This section primarily investigates the impact of input sharing on the ILC formation protocol for FOSMASs-LLN. On the one hand, the closed-loop ${\mathcal{D}}^{\alpha }$ -type ILC protocol is developed to analyze the learning behavior of formation control. On the other hand, the FCT and the iteration-varying switching communication topology (IVSCT) are employed within the framework of graph theory communication protocols to compare and analyze the effects of topology protocol variations.

Utilizing the following listed technical lemmas will be necessary for further analysis.

3.1. Formation Consistency Analysis under FCT

In the context of iterative learning with an FCT, denote matrices $\mathcal{A}$ , $\mathcal{D}$ , $\mathcal{K}$ , and $\mathcal{H}$ as fixed. At the kth iteration, the communication structure is fixed for the ith agent in each time $t(\forall t\in [0,T\left]\right)$ , with $i\in \mathcal{V}$ and $k\in {\mathbb{Z}}^{*}$ . Based on the control objective, in order to facilitate the analysis, define ${\widehat{y}}_{d,i}\left(t\right)=y_d\left(t\right)-h_i\left(t\right)$ as the expected formation trajectory of the ith follower relative to the virtual leader. The formation control target can be written as

$$\begin{array}{c}\hfill \underset{k\to \infty }{lim}∥{\zeta }_{k,i}\left(t\right)∥=\underset{k\to \infty }{lim}∥{\widehat{y}}_{d,i}\left(t\right)-y_{k,i}\left(t\right)∥=0.\end{array}$$

Remark 2. 

By substituting ${\widehat{y}}_{d,i}\left(t\right)$ into systems (1) and (2), the corresponding ${\widehat{x}}_{d,i}\left(t\right)$ and ${\widehat{u}}_{d,i}\left(t\right)$ can be deduced, which will not be further elaborated upon hereafter.
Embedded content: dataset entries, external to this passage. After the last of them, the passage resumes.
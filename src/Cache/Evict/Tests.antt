-- ===== src/Cache/Evict/Tests.antt =====
-- Two archives, the second one cold, and the witnesses of the theorems on the eviction.
use faster_file_copy.Prelude.{
  ℕ, ◌≡◌, refl, true, false, some, List, [], ◌∷◌, All, length, arith, ◌==◌, if◌then◌else◌,
}
use mathlib.Core.List.{Perm}
use faster_file_copy.Cache.Evict.{
  Resident, Candidate, Round, is_evictable, is_cold, candidates, goes_before, insert_candidate,
  sort_candidates, removable, evict, enforce,
}
use faster_file_copy.Cache.Evict.Order.{Ordered}
use faster_file_copy.Cache.Evict.Chosen.{Choice}
use faster_file_copy.Cache.Evict.Needed.{
  Needed, Justified, Willing, Unmapped, First, enforce-Removals, enforce_enough,
}

abbrev resident : ℕ → ℕ → ℕ → Resident
resident archive last size = record {
  archive = archive;
  has_view = true;
  has_path = true;
  buffered_offsets = [];
  last_access_ms = last;
  file_last_write = 5;
  on_disk_bytes = size;
}

abbrev two_caches : List Resident
two_caches = resident 1 100_000 30 ∷ resident 2 20_000 40 ∷ []

-- Every round finds the cache as it was and removes its file.
abbrev willing : Candidate → Round
willing c = record {
  loading = false;
  loading_locked = false;
  found = some (if c.archive == 1 then resident 1 100_000 30 else resident 2 20_000 40);
  removed = true;
}

one_evicted : (enforce false 110_000 10_000 50 willing 70 0 two_caches).files ≡ (2, 40) ∷ []
unfolding enforce candidates is_evictable is_cold goes_before insert_candidate sort_candidates
    removable evict
one_evicted = refl

enforce-Removals_example :
    Needed 50 70
      (enforce false 110_000 10_000 50 willing 70 0 two_caches).files
      (enforce false 110_000 10_000 50 willing 70 0 two_caches).remaining
    × All
        (Justified willing (Choice false 110_000 10_000 two_caches))
        (enforce false 110_000 10_000 50 willing 70 0 two_caches).files
    × All Unmapped (enforce false 110_000 10_000 50 willing 70 0 two_caches).emptied
    × (length (enforce false 110_000 10_000 50 willing 70 0 two_caches).emptied
        ≡ length (enforce false 110_000 10_000 50 willing 70 0 two_caches).files)
enforce-Removals_example =
    enforce-Removals false 110_000 10_000 50 willing 70 0 two_caches (omega arith)

both_willing : All (Willing 50 willing) (candidates true 110_000 10_000 two_caches)
unfolding candidates is_evictable is_cold removable
both_willing =
    ((refl, refl, (resident 1 100_000 30, refl)), ((refl, refl, (resident 2 20_000 40, refl)), tt))

enforce_enough_example :
    Ordered (sort_candidates (candidates true 110_000 10_000 two_caches))
    × Perm
        (sort_candidates (candidates true 110_000 10_000 two_caches))
        (candidates true 110_000 10_000 two_caches)
    × First 50 willing
        (enforce true 110_000 10_000 50 willing 70 0 two_caches)
        (sort_candidates (candidates true 110_000 10_000 two_caches))
enforce_enough_example = enforce_enough true 110_000 10_000 50 willing 70 0 two_caches both_willing
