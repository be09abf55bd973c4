-- ===== src/Cache/Flush.antt =====
-- Skyrim/src/DecompCache.cpp, FlushToDisk: how it takes the queued payloads, and what it does with the
-- result of AppendFile for each archive. Each function is what runs under
-- the cache lock at once; other threads run between them. An exception before the first payload is
-- taken leaves the state as it was, and is not modelled.
pub mod Upkeep
pub mod Books
pub mod Change
pub mod Finish
pub mod Snapshot
pub mod Untouched
pub mod Calls
pub mod Charged
pub mod Session
pub mod Memory
pub mod Rollback
pub mod Publish
mod Tests
use faster_file_copy.Prelude.{
  ℕ, ◌+◌, ◌-◌, ◌≡◌, refl, Bool, true, false, not, ◌&&◌, ◌||◌, Option, none, some, List, [], ◌∷◌,
  ◌++◌, ltb, ◌==◌, if◌then◌else◌, length,
}
use faster_file_copy.Prelude.Words.{add64, sub64}
use faster_file_copy.Policy.Limit.{add_saturating}
use faster_file_copy.Cache.State.{
  MappedView, CachedEntry, PendingEntry, ArchiveCache, DecompCache, Settings, find, replace,
  update_view, request_warmup,
}
use faster_file_copy.Cache.Record.{is_none, is_empty, add_checked}

abbrev pub same_option : Option ℕ → Option ℕ → Bool
same_option none none = true
same_option none (some y) = false
same_option (some x) none = false
same_option (some x) (some y) = x == y

-- What the flush takes off one archive's queue, without the archive's identity, which AppendFile reads.
pub record OlWork : Type 0 where
  pub archive : ℕ
  pub base_path : ℕ
  pub reset_file : Bool
  pub source_view : Option ℕ
  pub pending : List PendingEntry

pub record OlResult : Type 0 where
  pub view : ℕ
  pub mapped : MappedView
  pub index : List (ℕ × CachedEntry)
  pub file_size : ℕ

-- std::unordered_set::erase
unfoldable pub erase : List ℕ → ℕ → List ℕ
erase [] k = []
erase (j ∷ l) k = let rest = erase l k in if j == k then rest else j ∷ rest

unfoldable pub erase_all : List ℕ → List PendingEntry → List ℕ
unfolding erase
erase_all l [] = l
erase_all l (e ∷ es) = erase_all (erase l e.start_offset) es

unfoldable pub accounted : List PendingEntry → ℕ
accounted [] = 0
accounted (e ∷ l) = add64 e.accounted_bytes (accounted l)

-- The part of the charges that is not payload.
unfoldable pub overhead : List PendingEntry → ℕ
overhead [] = 0
overhead (e ∷ l) =
    let rest = overhead l in
    if ltb (length e.payload) e.accounted_bytes
    then add64 (e.accounted_bytes - length e.payload) rest
    else rest

-- The second pass moves the payloads.
unfoldable pub take_pending : OlWork → Option ArchiveCache → DecompCache → OlWork × DecompCache
take_pending item none s = (item, s)
take_pending item (some c) s = (
  record item { pending = item.pending ++ c.pending },
  record s { caches = replace s.caches item.archive (record c { pending = [] }) },
)

unfoldable pub take_work : List OlWork → DecompCache → List OlWork × DecompCache
unfolding take_pending
take_work [] s = ([], s)
take_work (item ∷ work) s =
    let (taken, next) = take_pending item (find s.caches item.archive) s in
    let (rest, last) = take_work work next in (taken ∷ rest, last)

module _ (path_for : ℕ → ℕ) where
  unfoldable pub needs_reset : ℕ → ArchiveCache → Bool
  needs_reset archive c =
      c.disk_invalidated
      || c.needs_replacement
      || is_none c.view
      || not (same_option c.active_path (some (path_for archive)))

  -- The first pass: the work, with nothing taken yet.
  unfoldable pub plan_work : List (ℕ × ArchiveCache) → List OlWork
  unfolding needs_reset
  plan_work [] = []
  plan_work ((archive, c) ∷ m) =
      let rest = plan_work m in
      if is_empty c.pending
      then rest
      else record {
        archive = archive;
        base_path = path_for archive;
        reset_file = needs_reset archive c;
        source_view = if needs_reset archive c then none else c.view;
        pending = [];
      }
        ∷ rest

  unfoldable pub snapshot : DecompCache → List OlWork × DecompCache
  unfolding plan_work take_work
  snapshot s = take_work (plan_work s.caches) s

-- An append whose source was replaced or invalidated meanwhile does not count.
unfoldable pub is_stale : OlWork → ArchiveCache → Bool
is_stale item c =
    not item.reset_file && (not (same_option c.view item.source_view) || c.disk_invalidated)

unfoldable pub install : OlWork → ArchiveCache → OlResult → DecompCache → DecompCache
unfolding erase_all accounted
install item c r s = record s {
  caches = replace s.caches item.archive (record c {
    view = some r.view;
    index = r.index;
    active_path = some item.base_path;
    on_disk_bytes = r.file_size;
    disk_invalidated = false;
    needs_replacement = false;
    buffered_offsets = erase_all c.buffered_offsets item.pending;
  });
  views = update_view s.views r.view r.mapped;
  cache_epoch = add64 s.cache_epoch 1;
  committed_reservations = add64 s.committed_reservations (accounted item.pending);
  ready = true;
}

unfoldable pub requeue : OlWork → ArchiveCache → DecompCache → DecompCache
requeue item c s = record s {
  caches = replace s.caches item.archive (record c { pending = c.pending ++ item.pending });
}

-- The payload that waits first takes the reservation for the absent file over, if it can.
unfoldable pub transfer_overhead : ArchiveCache → List PendingEntry → ℕ → Option (List PendingEntry)
transfer_overhead c [] fixed = none
transfer_overhead c (e ∷ l) fixed =
    if ltb 0 fixed && (is_none c.view || c.disk_invalidated)
    then elim (add_checked e.accounted_bytes fixed) [
      | none ↦ none
      | some bytes ↦ some (record e { accounted_bytes = bytes } ∷ l)
    ]
    else none

-- No memory to give the payloads back: they are dropped, and with them their charge.
unfoldable pub release :
    OlWork → ArchiveCache → Option (List PendingEntry) → DecompCache → DecompCache
unfolding erase_all accounted overhead
release item c none s = record s {
  caches =
      replace s.caches item.archive
        (record c { buffered_offsets = erase_all c.buffered_offsets item.pending });
  pending_bytes = sub64 s.pending_bytes (accounted item.pending);
}
release item c (some pending) s = record s {
  caches = replace s.caches item.archive (record c {
    pending = pending;
    buffered_offsets = erase_all c.buffered_offsets item.pending;
  });
  pending_bytes = sub64 s.pending_bytes (sub64 (accounted item.pending) (overhead item.pending));
}

unfoldable pub give_back : Bool → OlWork → ArchiveCache → DecompCache → DecompCache
unfolding requeue transfer_overhead release
give_back memory item c s =
    if memory
    then requeue item c s
    else release item c (transfer_overhead c c.pending (overhead item.pending)) s

unfoldable pub finish_found :
    Bool → OlWork → ArchiveCache → Option OlResult → DecompCache → DecompCache
unfolding give_back install
finish_found memory item c none s = give_back memory item c s
finish_found memory item c (some r) s =
    if is_stale item c then give_back memory item c s else install item c r s

-- One archive's work, with the result of AppendFile, and whether the queue can be extended.
unfoldable pub finish : Bool → OlWork → Option OlResult → DecompCache → DecompCache
unfolding finish_found
finish memory item result s = elim (find s.caches item.archive) [
  | none ↦ s
  | some c ↦ finish_found memory item c result s
]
The error information accessible to the ith agent at the kth iteration is defined as the corresponding tracking error ${\eta }_{k,i}\left(t\right)$ , as follows:

$${\eta }_{k,i}\left(t\right)=\sum _{j=1}^N{a}_{ij}[y_{k,j}\left(t\right)+h_j\left(t\right)-y_{k,i}\left(t\right)-h_i\left(t\right)]+{\kappa }_i[{\widehat{y}}_{d,i}\left(t\right)-y_{k,i}\left(t\right)].$$

(4)

When certain agents within the network gain access to the leader’s input, an input sharing strategy is designed as follows:

$$W_{k,i}\left(t\right)=\sum _{j=1}^N{a}_{ij}[u_{k,j}\left(t\right)-{\widehat{u}}_{d,j}\left(t\right)-u_{k,i}\left(t\right)+{\widehat{u}}_{d,i}\left(t\right)]+{\kappa }_i[{\widehat{u}}_{d,i}\left(t\right)-u_{k,i}\left(t\right)].$$

(5)

To address the formation tracking problem of the FOSMASs (1), the following closed-loop ${\mathcal{D}}^{\alpha }$-type ILC input sharing law is proposed:

$$u_{k+1,i}\left(t\right)=u_{k,i}\left(t\right)+ϵW_{k,i}\left(t\right)+\Gamma {\mathcal{D}}_t^{\alpha }{\eta }_{k+1,i}\left(t\right),$$

(6)

where $i\in \mathcal{V}$ , $ϵ\in \mathbb{R}$ , and $\Gamma \in {\mathbb{R}}^{p\times p}$ are ${\mathcal{D}}^{\alpha }$-type learning control gains to be designed.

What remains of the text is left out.